Facteurs Influant sur la Vitesse de Réaction

• Concentration en enzyme ([E]) : La vitesse initiale est directement proportionnelle à [E].
• Température : Il existe une température optimale. Au-delà, la dénaturation de l'enzyme réduit l'activité.
• pH : Il existe un pH optimal, car le pH affecte l'état d'ionisation des groupes fonctionnels de l'enzyme et du substrat.
• Concentration en substrat ([S]) :
  • À faible [S], la vitesse est proportionnelle à [S].
  • À forte [S], l'enzyme est saturée, et la vitesse atteint un maximum (Vmax).
  • Le modèle de Michaelis-Menten décrit cette relation par une hyperbole : v = (Vmax * [S]) / (Km + [S]).
  • La constante de Michaelis (Km) est la concentration de substrat pour laquelle la vitesse est la moitié de Vmax. C'est une mesure inverse de l'affinité de l'enzyme pour son substrat.
  • La représentation de Lineweaver et Burk (double inverse) permet de linéariser cette relation et de déterminer Vmax et Km.
• Inhibiteurs : Molécules qui réduisent l'activité enzymatique.
  • Non spécifiques : agissent sur des groupes fonctionnels communs à plusieurs enzymes (ex: acide monoiodoacétique sur SH, DIFP sur OH de sérine).
  • Spécifiques : agissent sur une enzyme particulière.
    • Irréversibles : se lient de manière covalente ou très stable au site actif (ex: aspirine sur la cyclooxygénase).
    • Réversibles :
      • Compétitifs : l'inhibiteur (I) ressemble au substrat (S) et se lie au site actif, augmentant le Km apparent (diminution de l'affinité) sans modifier Vmax.
      • Non compétitifs : l'inhibiteur se lie à un site différent du site actif, diminuant Vmax sans modifier Km (diminution de l'activité catalytique).
• Effecteurs allostériques : Modulent l'activité des enzymes allostériques en se liant à un site régulateur.
  • Activateurs allostériques : augmentent l'affinité (diminuent Km) ou la vitesse (augmentent Vmax).
  • Inhibiteurs allostériques : diminuent l'affinité (augmentent Km) ou la vitesse (diminuent Vmax).
  • Les courbes de cinétique allostérique sont sigmoïdes.

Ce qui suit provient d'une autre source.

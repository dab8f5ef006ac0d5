-- ===== src/Wire/Notification/Ledger.antt =====
-- The blocks of a notification that NotificationCreate makes and NotificationFree gives back.
use haze.Base.{
  ℕ, ◌+◌, ◌≡◌, Option, none, some, List, [], ◌∷◌, arith, Option-cases, Bool-cases, inl, inr,
}
use haze.Memory.{Heap, alloc, free, live-alloc}
use haze.Object.{Object, ObjectArray}
use haze.Object.Copy.{create_array, copy}
use haze.Object.Copy.Ledger.{
  leaks, freed_slots, live-create_array, live-free_array, append_copy-Step, live-copy,
}
use haze.Object.Array
use haze.Wire.Notification.{
  Notification, method_blocks, new, free_notification, free_params, set_method, append_all,
  append_param, method_set, fill_new, create,
}

array_blocks : Option ObjectArray → ℕ
array_blocks none = 0
array_blocks (some a) = freed_slots a.slots + 2

abbrev blocks : Notification → ℕ
unfolding array_blocks
blocks n = method_blocks n.method + array_blocks n.params + 1

-- NotificationFree of what NotificationCreate returned.
abbrev pub close : Option Notification × Heap → Heap
close (none, h) = h
close (some n, h) = (free_notification n h).1

-- No parameter has bytes of a bin, which ObjectFree does not give back.
abbrev pub HaveNoBins : List (Option Object) → Type 0
HaveNoBins [] = Unit
HaveNoBins (none ∷ rest) = HaveNoBins rest
HaveNoBins (some o ∷ rest) = (leaks o ≡ 0) × HaveNoBins rest

live-free_params :
    (p : Option ObjectArray) (h : Heap) (base : ℕ)
    → h.live ≡ base + array_blocks p
    → (free_params p h).1.live ≡ base
unfolding free_params array_blocks
live-free_params none h base e = omega (arith, e)
live-free_params (some a) h base e = omega (arith, e, live-free_array a h)

live-free_notification :
    (n : Notification) (h : Heap) (base : ℕ)
    → h.live ≡ base + blocks n
    → (free_notification n h).1.live ≡ base
unfolding free_notification array_blocks
live-free_notification n h base e = omega (
  arith,
  e,
  live-free_params n.params (free (method_blocks n.method) h).1 (base + 1) (omega (arith, e)),
)

append-Owns :
    (a : ObjectArray) (o : Object) (h : Heap) (base : ℕ)
    → leaks o ≡ 0
    → h.live ≡ base + freed_slots a.slots
    → (Array.append a (some o) h).1.live ≡ base + freed_slots (Array.append a (some o) h).0.1.slots
unfolding Array.append
append-Owns a o h base l e = ground (arith, append_copy-Step a (copy o) (leaks o) (live-copy o) h)

append_param-Owns :
    (p : Option ObjectArray) (o : Option Object) (h : Heap) (base : ℕ)
    → HaveNoBins (o ∷ [])
    → h.live ≡ base + array_blocks p
    → (append_param p o h).1.live ≡ base + array_blocks (append_param p o h).0.1
unfolding append_param array_blocks Array.append
append_param-Owns none o h base l e = e
append_param-Owns (some a) none h base l e = e
append_param-Owns (some a) (some o) h base (l, k) e =
    omega (arith, append-Owns a o h (base + 2) l (omega (arith, e)))

no_bins_head :
    (o : Option Object) (rest : List (Option Object)) → HaveNoBins (o ∷ rest) → HaveNoBins (o ∷ [])
no_bins_head none rest k = tt
no_bins_head (some o) rest (l, k) = (l, tt)

no_bins_tail :
    (o : Option Object) (rest : List (Option Object)) → HaveNoBins (o ∷ rest) → HaveNoBins rest
no_bins_tail none rest k = k
no_bins_tail (some o) rest (l, k) = k

live-append_all :
    (params : List (Option Object)) (n : Notification) (h : Heap) (base : ℕ)
    → HaveNoBins params
    → h.live ≡ base + blocks n
    → (close (append_all params n h)).live ≡ base
unfolding append_all array_blocks
live-append_all [] n h base k e = live-free_notification n h base e
live-append_all (o ∷ rest) n h base k e =
    let owns =
      append_param-Owns n.params o h (base + method_blocks n.method + 1) (no_bins_head o rest k)
        (omega (arith, e)) in
    let n' = record n { params = (append_param n.params o h).0.1 } in
    let h' = (append_param n.params o h).1 in
    let kept : h'.live ≡ base + blocks n' = omega (arith, owns) in
    elim (Bool-cases (append_param n.params o h).0.0) [
      | inl t ↦ rw t (live-append_all rest n' h' base (no_bins_tail o rest k) kept)
      | inr f ↦ rw f (live-free_notification n' h' base kept)
    ]

set_method-Owns :
    (n : Notification) (m : Option (List ℕ)) (h : Heap) (base : ℕ)
    → h.live ≡ base + blocks n
    → (set_method n m h).1.live ≡ base + blocks (set_method n m h).0
unfolding set_method blocks
set_method-Owns n none h base e = omega (arith, e)
set_method-Owns n (some s) h base e = ground (arith, e, live-alloc h)

live-method_set :
    (method : Option (List ℕ)) (params : List (Option Object)) (n : Notification) (h : Heap)
    (base : ℕ)
    → HaveNoBins params
    → h.live ≡ base + blocks n
    → (close (method_set method params n h)).live ≡ base
unfolding method_set
live-method_set method params n h base k e =
    ground (arith, live-append_all params n h base k e, live-free_notification n h base e)

abbrev owned : Option Notification → ℕ
owned none = 0
owned (some n) = blocks n

new-Owns : (h : Heap) → (new h).1.live ≡ h.live + owned (new h).0
unfolding new blocks
new-Owns h = elim (Option-cases (create_array (alloc h).1).0) [
  | inl e ↦ ground (arith, live-alloc h, live-create_array (alloc h).1)
  | inr (a, e) ↦ ground (arith, live-alloc h, live-create_array (alloc h).1)
]

live-fill_new :
    (method : Option (List ℕ)) (params : List (Option Object)) (n : Option Notification) (h : Heap)
    (base : ℕ)
    → HaveNoBins params
    → h.live ≡ base + owned n
    → (close (fill_new method params n h)).live ≡ base
unfolding fill_new
live-fill_new method params none h base k e = omega (arith, e)
live-fill_new method params (some n) h base k e =
    live-method_set method params _ _ base k (set_method-Owns n method h base e)

-- Of parameters without bytes of a bin, whatever allocation fails, NotificationCreate leaves no block
-- behind when it returns none, and NotificationFree gives back all blocks of what it returns.
pub create_balanced :
    (method : Option (List ℕ)) (params : List (Option Object)) (h : Heap)
    → HaveNoBins params
    → (close (create method params h)).live ≡ h.live
unfolding create
create_balanced method params h k =
    ground (arith, live-fill_new method params (new h).0 (new h).1 h.live k (new-Owns h))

Spécificité de l'Action Enzymatique

• Spécificité liée à la réaction : Chaque enzyme catalyse un type de réaction spécifique (ex: oxydase, décarboxylase).
• Spécificité liée au substrat :
  • Large : l'enzyme agit sur plusieurs substrats similaires (ex: hexokinase sur différents hexoses).
  • Étroite : l'enzyme agit sur un seul substrat (ex: glucokinase sur le glucose).
• Exemple des peptidases (hydrolases) :
  • Exopeptidases : coupent les AA aux extrémités de la chaîne (aminopeptidases, carboxypeptidases).
  • Endopeptidases : coupent les liaisons peptidiques à l'intérieur de la chaîne (pepsine, trypsine, chymotrypsine, élastase), avec des spécificités différentes selon les AA adjacents à la liaison coupée.